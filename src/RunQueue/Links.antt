-- ===== src/RunQueue/Links.antt =====
-- What it means that the links of the process table hold a queue.
use chanux.Common.{
  ℕ, ◌≡◌, refl, Bool, true, false, not, ◌&&◌, ◌||◌, ◌==◌, Option, none, some, update, List, [], ◌∷◌,
  ◌++◌, arith, Bool-cases, inl, inr, ◌⊎◌, ==→eq,
}
use chanux.Proc.{Process, System}
use chanux.RunQueue.{is_some}

abbrev pub contains : List ℕ → ℕ → Bool
contains [] p = false
contains (x ∷ xs) p = x == p || contains xs p

abbrev pub distinct : List ℕ → Bool
distinct [] = true
distinct (x ∷ xs) = not (contains xs x) && distinct xs

-- The links hold the list `xs` from `cur` on, behind `prev` and up to `tail`.
abbrev pub Links : (ℕ → Process) → Option ℕ → Option ℕ → List ℕ → Option ℕ → Type 0
Links procs prev cur [] tail = (cur ≡ none) × (tail ≡ prev)
Links procs prev cur (x ∷ xs) tail =
    (cur ≡ some x) × ((procs x).prev ≡ prev) × Links procs (some x) (procs x).next xs tail

-- The process is in no list.
abbrev pub unlinked : Process → Bool
unlinked proc = not (is_some proc.next) && not (is_some proc.prev)

pub record IsQueue (s : System) (xs : List ℕ) : Type 0 where
  pub links : Links s.procs none s.head xs s.tail
  pub once : distinct xs ≡ true
  pub others : (p : ℕ) → (contains xs p || unlinked (s.procs p)) ≡ true

-- A write to a process outside the list leaves its links alone.
pub Links-update :
    (procs : ℕ → Process) (p : ℕ) (proc : Process) (xs : List ℕ) (prev cur tail : Option ℕ)
    → contains xs p ≡ false
    → Links procs prev cur xs tail
    → Links (update procs p proc) prev cur xs tail
Links-update procs p proc [] prev cur tail out h = h
Links-update procs p proc (x ∷ xs) prev cur tail out h =
    let e : update procs p proc x ≡ procs x = ground arith in
    (
      h.0,
      rw e h.1,
      rw e (Links-update procs p proc xs (some x) (procs x).next tail (ground arith) h.2),
    )

-- A member of a list is its first, or has a process before it.
pub Links-member :
    (procs : ℕ → Process) (p : ℕ) (xs : List ℕ) (prev cur tail : Option ℕ)
    → contains xs p ≡ true
    → Links procs prev cur xs tail
    → ((cur ≡ some p) × ((procs p).prev ≡ prev)) ⊎ (is_some (procs p).prev ≡ true)
Links-member procs p [] prev cur tail m h = absurd (ground arith)
Links-member procs p (x ∷ xs) prev cur tail m h = elim (Bool-cases (x == p)) [
  | inl here ↦ inl (rw (← ==→eq x p here) (h.0, h.1))
  | inr later ↦ elim (Links-member procs p xs (some x) (procs x).next tail (ground arith) h.2) [
    | inl first ↦ inr (rw first.1 refl)
    | inr linked ↦ inr linked
  ]
]

-- The tail of a list that is not empty is a member.
pub Links-tail :
    (procs : ℕ → Process) (x t : ℕ) (xs : List ℕ) (prev cur : Option ℕ)
    → Links procs prev cur (x ∷ xs) (some t)
    → contains (x ∷ xs) t ≡ true
Links-tail procs x t [] prev cur h = ground (arith, h.2.1)
Links-tail procs x t (y ∷ ys) prev cur h =
    ground (arith, Links-tail procs y t ys (some x) (procs x).next h.2)

pub contains-ne :
    (xs : List ℕ) (x t : ℕ) → contains xs x ≡ false → contains xs t ≡ true → (t == x) ≡ false
contains-ne [] x t out inside = absurd (ground arith)
contains-ne (y ∷ ys) x t out inside = ground (arith, contains-ne ys x t)

-- The write that links `p` behind `t`.
abbrev pub link_next : (ℕ → Process) → ℕ → ℕ → ℕ → Process
link_next procs t p = update procs t (record (procs t) { next = some p })

-- Linking a process `p` that points back to the tail `t` behind it.
pub Links-append :
    (procs : ℕ → Process) (x t p : ℕ) (xs : List ℕ) (prev cur : Option ℕ)
    → distinct (x ∷ xs) ≡ true
    → contains (x ∷ xs) p ≡ false
    → (procs p).prev ≡ some t
    → (procs p).next ≡ none
    → Links procs prev cur (x ∷ xs) (some t)
    → Links (link_next procs t p) prev cur ((x ∷ xs) ++ (p ∷ [])) (some p)
Links-append procs x t p [] prev cur d out back front h =
    let same : t ≡ x = cc (h.2.1) in
    let other : (x == p) ≡ false = ground arith in
    rw same (
      h.0,
      ground (arith, h.1),
      (ground arith, ground (arith, other, back, same), (ground (arith, other, front), refl)),
    )
Links-append procs x t p (y ∷ ys) prev cur d out back front h =
    let inside = Links-tail procs y t ys (some x) (procs x).next h.2 in
    let other : (t == x) ≡ false = ground (arith, inside, contains-ne (y ∷ ys) x t) in
    let same : link_next procs t p x ≡ procs x = rw other refl in
    (
      h.0,
      rw same h.1,
      rw same (
          Links-append procs y t p ys (some x) (procs x).next (ground arith) (ground arith) back
            front h.2),
    )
◆ ◆ ◆ ◆ ◆
■ TASK
Wherever a line in the entries above holds "unlinked", copy that line.

■ RESPONSE AREA
abbrev pub unlinked : Process → Bool
unlinked proc = not (is_some proc.next) && not (is_some proc.prev)
  pub others : (p : ℕ) → (contains xs p || unlinked (s.procs p)) ≡ true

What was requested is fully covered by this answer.